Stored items
╭──
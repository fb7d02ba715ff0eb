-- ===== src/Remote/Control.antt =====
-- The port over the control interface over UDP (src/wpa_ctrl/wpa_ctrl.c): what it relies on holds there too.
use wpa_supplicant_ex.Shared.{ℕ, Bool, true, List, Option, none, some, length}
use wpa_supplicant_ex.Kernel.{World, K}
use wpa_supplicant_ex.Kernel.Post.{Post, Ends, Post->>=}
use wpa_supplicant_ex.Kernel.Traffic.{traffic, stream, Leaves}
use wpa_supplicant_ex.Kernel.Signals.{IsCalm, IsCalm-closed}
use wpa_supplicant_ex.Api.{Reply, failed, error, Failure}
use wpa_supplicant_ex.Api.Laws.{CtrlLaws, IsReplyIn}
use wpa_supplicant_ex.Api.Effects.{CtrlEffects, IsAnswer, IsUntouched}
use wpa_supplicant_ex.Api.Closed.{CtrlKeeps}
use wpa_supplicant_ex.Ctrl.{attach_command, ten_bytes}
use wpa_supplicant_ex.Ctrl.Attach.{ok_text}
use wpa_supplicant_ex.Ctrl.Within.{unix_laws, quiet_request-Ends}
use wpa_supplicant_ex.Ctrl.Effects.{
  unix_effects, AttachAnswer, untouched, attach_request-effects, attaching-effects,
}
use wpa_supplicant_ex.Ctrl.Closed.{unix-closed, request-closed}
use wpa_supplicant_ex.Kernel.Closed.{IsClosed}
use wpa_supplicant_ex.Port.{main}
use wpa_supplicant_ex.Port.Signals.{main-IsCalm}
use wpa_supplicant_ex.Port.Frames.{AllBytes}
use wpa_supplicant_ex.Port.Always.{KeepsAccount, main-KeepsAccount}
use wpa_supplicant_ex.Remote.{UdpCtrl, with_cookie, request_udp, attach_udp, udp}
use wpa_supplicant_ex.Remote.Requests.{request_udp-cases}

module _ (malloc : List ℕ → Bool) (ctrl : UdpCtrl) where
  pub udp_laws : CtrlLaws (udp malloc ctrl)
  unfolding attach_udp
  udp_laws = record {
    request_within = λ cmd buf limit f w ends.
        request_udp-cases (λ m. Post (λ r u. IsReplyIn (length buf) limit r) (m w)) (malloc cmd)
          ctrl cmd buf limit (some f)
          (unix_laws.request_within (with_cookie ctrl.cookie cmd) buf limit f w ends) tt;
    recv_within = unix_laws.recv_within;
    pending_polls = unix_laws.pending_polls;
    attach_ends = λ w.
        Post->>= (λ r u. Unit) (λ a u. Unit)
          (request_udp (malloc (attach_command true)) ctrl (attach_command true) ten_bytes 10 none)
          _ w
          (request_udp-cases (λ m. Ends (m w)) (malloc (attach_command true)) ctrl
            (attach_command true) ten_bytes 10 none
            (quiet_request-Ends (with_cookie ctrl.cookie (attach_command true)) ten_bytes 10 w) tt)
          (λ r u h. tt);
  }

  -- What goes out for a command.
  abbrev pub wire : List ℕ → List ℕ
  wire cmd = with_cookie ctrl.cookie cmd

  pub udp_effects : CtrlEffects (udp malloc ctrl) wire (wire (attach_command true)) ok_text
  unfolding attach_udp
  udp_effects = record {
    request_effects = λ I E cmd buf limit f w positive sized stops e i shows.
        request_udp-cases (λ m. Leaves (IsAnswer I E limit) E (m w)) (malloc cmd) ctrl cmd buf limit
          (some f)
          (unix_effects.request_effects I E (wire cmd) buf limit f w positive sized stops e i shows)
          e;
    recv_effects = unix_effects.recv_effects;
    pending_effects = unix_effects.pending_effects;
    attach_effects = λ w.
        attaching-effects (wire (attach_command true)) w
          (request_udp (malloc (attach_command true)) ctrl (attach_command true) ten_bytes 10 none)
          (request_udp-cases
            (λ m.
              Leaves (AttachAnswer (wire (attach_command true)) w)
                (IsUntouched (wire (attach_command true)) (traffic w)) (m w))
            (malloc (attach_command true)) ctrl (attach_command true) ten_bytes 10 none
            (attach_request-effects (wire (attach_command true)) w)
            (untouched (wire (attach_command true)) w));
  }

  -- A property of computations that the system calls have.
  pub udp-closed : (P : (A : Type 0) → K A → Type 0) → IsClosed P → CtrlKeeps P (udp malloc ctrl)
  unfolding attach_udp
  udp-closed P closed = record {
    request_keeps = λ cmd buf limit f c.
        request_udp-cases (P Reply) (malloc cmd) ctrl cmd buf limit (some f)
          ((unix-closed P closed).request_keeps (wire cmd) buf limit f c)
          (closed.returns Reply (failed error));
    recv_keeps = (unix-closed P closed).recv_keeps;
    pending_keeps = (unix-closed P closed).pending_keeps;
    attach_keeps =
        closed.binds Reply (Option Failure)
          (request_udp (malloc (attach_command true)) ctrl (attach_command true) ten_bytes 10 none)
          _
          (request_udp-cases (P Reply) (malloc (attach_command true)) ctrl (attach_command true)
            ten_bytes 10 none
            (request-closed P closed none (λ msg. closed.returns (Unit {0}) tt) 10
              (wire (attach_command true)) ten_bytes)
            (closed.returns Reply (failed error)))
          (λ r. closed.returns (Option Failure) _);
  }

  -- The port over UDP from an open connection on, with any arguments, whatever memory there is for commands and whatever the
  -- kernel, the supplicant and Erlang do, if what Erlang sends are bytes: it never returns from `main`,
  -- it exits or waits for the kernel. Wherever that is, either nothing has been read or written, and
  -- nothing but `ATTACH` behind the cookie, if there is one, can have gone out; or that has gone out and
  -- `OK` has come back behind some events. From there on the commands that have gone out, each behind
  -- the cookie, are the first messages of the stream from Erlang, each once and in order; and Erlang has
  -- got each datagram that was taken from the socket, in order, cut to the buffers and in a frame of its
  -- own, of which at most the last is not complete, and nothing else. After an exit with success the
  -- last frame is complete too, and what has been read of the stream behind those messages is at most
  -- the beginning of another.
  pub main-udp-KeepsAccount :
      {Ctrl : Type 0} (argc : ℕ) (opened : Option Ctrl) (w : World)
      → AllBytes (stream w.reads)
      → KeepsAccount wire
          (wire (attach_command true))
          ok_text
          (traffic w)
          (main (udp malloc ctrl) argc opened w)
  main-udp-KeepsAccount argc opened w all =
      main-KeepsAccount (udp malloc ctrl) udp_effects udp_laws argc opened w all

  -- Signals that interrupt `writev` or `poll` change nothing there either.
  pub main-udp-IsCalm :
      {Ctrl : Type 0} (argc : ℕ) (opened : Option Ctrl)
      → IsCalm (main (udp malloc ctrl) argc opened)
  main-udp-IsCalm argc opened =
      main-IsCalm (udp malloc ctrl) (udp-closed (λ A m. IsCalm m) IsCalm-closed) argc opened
╰──
Action item: Transcribe all entries exactly as they appear above.

Answer section:
repository fb7d02ba715ff0eb
-- ===== src/Remote/Control.antt =====
-- The port over the control interface over UDP (src/wpa_ctrl/wpa_ctrl.c): what it relies on holds there too.
use wpa_supplicant_ex.Shared.{ℕ, Bool, true, List, Option, none, some, length}
use wpa_supplicant_ex.Kernel.{World, K}
use wpa_supplicant_ex.Kernel.Post.{Post, Ends, Post->>=}
use wpa_supplicant_ex.Kernel.Traffic.{traffic, stream, Leaves}
use wpa_supplicant_ex.Kernel.Signals.{IsCalm, IsCalm-closed}
use wpa_supplicant_ex.Api.{Reply, failed, error, Failure}
use wpa_supplicant_ex.Api.Laws.{CtrlLaws, IsReplyIn}
use wpa_supplicant_ex.Api.Effects.{CtrlEffects, IsAnswer, IsUntouched}
use wpa_supplicant_ex.Api.Closed.{CtrlKeeps}
use wpa_supplicant_ex.Ctrl.{attach_command, ten_bytes}
use wpa_supplicant_ex.Ctrl.Attach.{ok_text}
use wpa_supplicant_ex.Ctrl.Within.{unix_laws, quiet_request-Ends}
use wpa_supplicant_ex.Ctrl.Effects.{
  unix_effects, AttachAnswer, untouched, attach_request-effects, attaching-effects,
}
use wpa_supplicant_ex.Ctrl.Closed.{unix-closed, request-closed}
use wpa_supplicant_ex.Kernel.Closed.{IsClosed}
use wpa_supplicant_ex.Port.{main}
use wpa_supplicant_ex.Port.Signals.{main-IsCalm}
use wpa_supplicant_ex.Port.Frames.{AllBytes}
use wpa_supplicant_ex.Port.Always.{KeepsAccount, main-KeepsAccount}
use wpa_supplicant_ex.Remote.{UdpCtrl, with_cookie, request_udp, attach_udp, udp}
use wpa_supplicant_ex.Remote.Requests.{request_udp-cases}

module _ (malloc : List ℕ → Bool) (ctrl : UdpCtrl) where
  pub udp_laws : CtrlLaws (udp malloc ctrl)
  unfolding attach_udp
  udp_laws = record {
    request_within = λ cmd buf limit f w ends.
        request_udp-cases (λ m. Post (λ r u. IsReplyIn (length buf) limit r) (m w)) (malloc cmd)
          ctrl cmd buf limit (some f)
          (unix_laws.request_within (with_cookie ctrl.cookie cmd) buf limit f w ends) tt;
    recv_within = unix_laws.recv_within;
    pending_polls = unix_laws.pending_polls;
    attach_ends = λ w.
        Post->>= (λ r u. Unit) (λ a u. Unit)
          (request_udp (malloc (attach_command true)) ctrl (attach_command true) ten_bytes 10 none)
          _ w
          (request_udp-cases (λ m. Ends (m w)) (malloc (attach_command true)) ctrl
            (attach_command true) ten_bytes 10 none
            (quiet_request-Ends (with_cookie ctrl.cookie (attach_command true)) ten_bytes 10 w) tt)
          (λ r u h. tt);
  }

  -- What goes out for a command.
  abbrev pub wire : List ℕ → List ℕ
  wire cmd = with_cookie ctrl.cookie cmd

  pub udp_effects : CtrlEffects (udp malloc ctrl) wire (wire (attach_command true)) ok_text
  unfolding attach_udp
  udp_effects = record {
    request_effects = λ I E cmd buf limit f w positive sized stops e i shows.
        request_udp-cases (λ m. Leaves (IsAnswer I E limit) E (m w)) (malloc cmd) ctrl cmd buf limit
          (some f)
          (unix_effects.request_effects I E (wire cmd) buf limit f w positive sized stops e i shows)
          e;
    recv_effects = unix_effects.recv_effects;
    pending_effects = unix_effects.pending_effects;
    attach_effects = λ w.
        attaching-effects (wire (attach_command true)) w
          (request_udp (malloc (attach_command true)) ctrl (attach_command true) ten_bytes 10 none)
          (request_udp-cases
            (λ m.
              Leaves (AttachAnswer (wire (attach_command true)) w)
                (IsUntouched (wire (attach_command true)) (traffic w)) (m w))
            (malloc (attach_command true)) ctrl (attach_command true) ten_bytes 10 none
            (attach_request-effects (wire (attach_command true)) w)
            (untouched (wire (attach_command true)) w));
  }

  -- A property of computations that the system calls have.
  pub udp-closed : (P : (A : Type 0) → K A → Type 0) → IsClosed P → CtrlKeeps P (udp malloc ctrl)
  unfolding attach_udp
  udp-closed P closed = record {
    request_keeps = λ cmd buf limit f c.
        request_udp-cases (P Reply) (malloc cmd) ctrl cmd buf limit (some f)
          ((unix-closed P closed).request_keeps (wire cmd) buf limit f c)
          (closed.returns Reply (failed error));
    recv_keeps = (unix-closed P closed).recv_keeps;
    pending_keeps = (unix-closed P closed).pending_keeps;
    attach_keeps =
        closed.binds Reply (Option Failure)
          (request_udp (malloc (attach_command true)) ctrl (attach_command true) ten_bytes 10 none)
          _
          (request_udp-cases (P Reply) (malloc (attach_command true)) ctrl (attach_command true)
            ten_bytes 10 none
            (request-closed P closed none (λ msg. closed.returns (Unit {0}) tt) 10
              (wire (attach_command true)) ten_bytes)
            (closed.returns Reply (failed error)))
          (λ r. closed.returns (Option Failure) _);
  }

  -- The port over UDP from an open connection on, with any arguments, whatever memory there is for commands and whatever the
  -- kernel, the supplicant and Erlang do, if what Erlang sends are bytes: it never returns from `main`,
  -- it exits or waits for the kernel. Wherever that is, either nothing has been read or written, and
  -- nothing but `ATTACH` behind the cookie, if there is one, can have gone out; or that has gone out and
  -- `OK` has come back behind some events. From there on the commands that have gone out, each behind
  -- the cookie, are the first messages of the stream from Erlang, each once and in order; and Erlang has
  -- got each datagram that was taken from the socket, in order, cut to the buffers and in a frame of its
  -- own, of which at most the last is not complete, and nothing else. After an exit with success the
  -- last frame is complete too, and what has been read of the stream behind those messages is at most
  -- the beginning of another.
  pub main-udp-KeepsAccount :
      {Ctrl : Type 0} (argc : ℕ) (opened : Option Ctrl) (w : World)
      → AllBytes (stream w.reads)
      → KeepsAccount wire
          (wire (attach_command true))
          ok_text
          (traffic w)
          (main (udp malloc ctrl) argc opened w)
  main-udp-KeepsAccount argc opened w all =
      main-KeepsAccount (udp malloc ctrl) udp_effects udp_laws argc opened w all

  -- Signals that interrupt `writev` or `poll` change nothing there either.
  pub main-udp-IsCalm :
      {Ctrl : Type 0} (argc : ℕ) (opened : Option Ctrl)
      → IsCalm (main (udp malloc ctrl) argc opened)
  main-udp-IsCalm argc opened =
      main-IsCalm (udp malloc ctrl) (udp-closed (λ A m. IsCalm m) IsCalm-closed) argc opened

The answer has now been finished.